(Montréal) Un groupe de médecins réclame la fermeture des écoles et le reconfinement immédiat du Grand Montréal, estimant que « c’est une question de jours avant que le feu prenne à Montréal aussi ».

Michel Saba
La Presse Canadienne

Le collectif COVID-STOP, notamment composé d’épidémiologistes et d’un microbiologiste-infectiologue, estime que les autorités devraient reproduire dans la métropole et ses banlieues ce qui a été annoncé mercredi pour les villes de Québec, Lévis et Gatineau.

Autrement dit, il faut « mettre tout sur pause » à l’exception des commerces essentiels, a résumé Dre Marie-Michelle Bellon, spécialiste en médecine interne affectée à l’unité COVID de l’Hôpital Notre-Dame et membre de COVID-STOP.
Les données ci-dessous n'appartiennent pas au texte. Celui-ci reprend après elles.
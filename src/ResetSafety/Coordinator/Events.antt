-- ===== src/ResetSafety/Coordinator/Events.antt =====
-- Every coordinator that Session messages, worlds, scenes and steps reach from one that knows no vehicle,
-- in any order and at any times.
use xgc2_ugv_controller.Base.{and_then, Bool, String, List, [], ◌∷◌, Option, none, some}
use xgc2_ugv_controller.Floating.{Double}
use xgc2_ugv_controller.ResetClient.Protocol.{Session}
use xgc2_ugv_controller.ResetSafety.Planner.{ConvexObstacle, Fence, Planner}
use xgc2_ugv_controller.ResetSafety.Coordinator.{
  Coordinator, CoordinatorConfig, OutgoingGrant, on_session,
}
use xgc2_ugv_controller.ResetSafety.Coordinator.Scope.{set_scene, set_world}
use xgc2_ugv_controller.ResetSafety.Coordinator.Step.{step_coordinator}
use xgc2_ugv_controller.ResetSafety.Coordinator.Publications.{AllSound, on_session-AllSound}
use xgc2_ugv_controller.ResetSafety.Coordinator.Turns.Rounds.{
  IsSent, failed, sent, step_coordinator-IsSent,
}

pub data Event (D : Type 0) : Type 0 where
  reports : String → Session D → D → Event D
  ticks : D → Event D
  bounds : List (ConvexObstacle D) → Fence D → Event D
  shows : Bool → Bool → Event D

module _ {D : Type 0} ⦃f : Double D⦄ {P : Type 0} (planner : Planner D P) where
  abbrev without_messages : Coordinator D P × List (OutgoingGrant D) → Option (Coordinator D P)
  without_messages r = some r.0

  pub handle : Event D → Coordinator D P → Option (Coordinator D P)
  handle (Event.reports vehicle s now) c = some (on_session vehicle s now c)
  handle (Event.bounds statics fence) c = some (set_world planner statics fence c)
  handle (Event.shows authored available) c = some (set_scene authored available c)
  handle (Event.ticks now) c = and_then (step_coordinator planner now c) without_messages

  -- The events in their order, up to an exception.
  pub handle_all : List (Event D) → Coordinator D P → Option (Coordinator D P)
  handle_all [] c = some c
  handle_all (v ∷ vs) c = and_then (handle v c) (handle_all vs)

  data IsReached : Option (Coordinator D P) → Type 0 where
    thrown : IsReached none
    reached : (c : Coordinator D P) → AllSound c.entries → IsReached (some c)

  stepped-IsReached :
      (o : Option (Coordinator D P × List (OutgoingGrant D)))
      → IsSent o
      → IsReached (and_then o without_messages)
  stepped-IsReached none s = thrown
  stepped-IsReached (some _) (sent c out sound addressed) = reached c sound

  handle-IsReached :
      (v : Event D) (c : Coordinator D P) → AllSound c.entries → IsReached (handle v c)
  unfolding handle set_world set_scene
  handle-IsReached (Event.reports vehicle s now) c a =
      reached _ (on_session-AllSound vehicle s now c a)
  handle-IsReached (Event.bounds statics fence) c a = reached _ a
  handle-IsReached (Event.shows authored available) c a = reached _ a
  handle-IsReached (Event.ticks now) c a =
      stepped-IsReached _ (step_coordinator-IsSent planner now c a)

  and_then-IsReached :
      (o : Option (Coordinator D P)) (k : Coordinator D P → Option (Coordinator D P))
      → IsReached o
      → ((c : Coordinator D P) → AllSound c.entries → IsReached (k c))
      → IsReached (and_then o k)
  and_then-IsReached none k r go_on = thrown
  and_then-IsReached (some c) k (reached _ a) go_on = go_on c a

  handle_all-IsReached :
      (vs : List (Event D)) (c : Coordinator D P) → AllSound c.entries → IsReached (handle_all vs c)
  unfolding handle_all
  handle_all-IsReached [] c a = reached c a
  handle_all-IsReached (v ∷ vs) c a =
      and_then-IsReached (handle v c) (handle_all vs) (handle-IsReached v c a)
        (handle_all-IsReached vs)

  last-IsSent :
      (o : Option (Coordinator D P)) (now : D)
      → IsReached o
      → IsSent (and_then o (step_coordinator planner now))
  last-IsSent none now r = failed
  last-IsSent (some c) now (reached _ a) = step_coordinator-IsSent planner now c a

  -- The coordinator that knows no vehicle yet.
  abbrev pub new_coordinator : CoordinatorConfig D → P → Bool → Bool → Coordinator D P
  new_coordinator config p authored available = record {
    config = config;
    planner = p;
    entries = [];
    scene_authored = authored;
    scene_available = available;
  }

  none-AllSound :
      (config : CoordinatorConfig D) (p : P) (authored available : Bool)
      → AllSound (new_coordinator config p authored available).entries
  unfolding AllSound
  none-AllSound config p authored available = _

  -- After any Session messages, new worlds, new scenes and steps from a coordinator that knows no
  -- vehicle, a further step throws, or an earlier one has, or every message that it sends carries the session and the request
  -- that its vehicle last reported and a publication number below the vehicle's next one.
  pub handle_all-IsSent :
      (config : CoordinatorConfig D) (p : P) (authored available : Bool) (vs : List (Event D))
      (now : D)
      → IsSent (
          and_then
            (handle_all vs (new_coordinator config p authored available))
            (step_coordinator planner now))
  handle_all-IsSent config p authored available vs now = last-IsSent _ now (
      handle_all-IsReached vs (new_coordinator config p authored available)
        (none-AllSound config p authored available))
Depuis jeudi soir, et pendant au moins une dizaine de jours, les citoyens de ces trois villes, où la situation est jugée « critique », reviennent au palier rouge pour lutter contre la troisième vague de COVID-19.

Tous les commerces non essentiels doivent fermer leurs portes, de même que les écoles primaires et secondaires, les restaurants, les cinémas, les salons de coiffure, les salles de spectacles, les gyms, musées et autres lieux publics. Aussi, pour éviter les contacts et les rencontres, le couvre-feu passe de 21 h 30 à 20 h, et ce, jusqu’à 5 hle lendemain matin.

À Montréal, le nombre de nouveaux cas est à la hausse. Il était de 269 dimanche, de 305 lundi, de 348 mardi et de 393 mercredi.

« On voudrait prévenir plutôt que guérir », a expliqué la Dre Bellon en entrevue avec La Presse Canadienne.

Les variants sont très contagieux et font augmenter rapidement le nombre de cas. « On voit ce qui se passe en France et à Toronto, a-t-elle lancé. Quand le feu prend, c’est comme de mettre une étincelle dans de la paille. »

Le regroupement COVID-STOP a convoqué les médias vendredi matin pour expliquer son point de vue lors d’une conférence de presse virtuelle.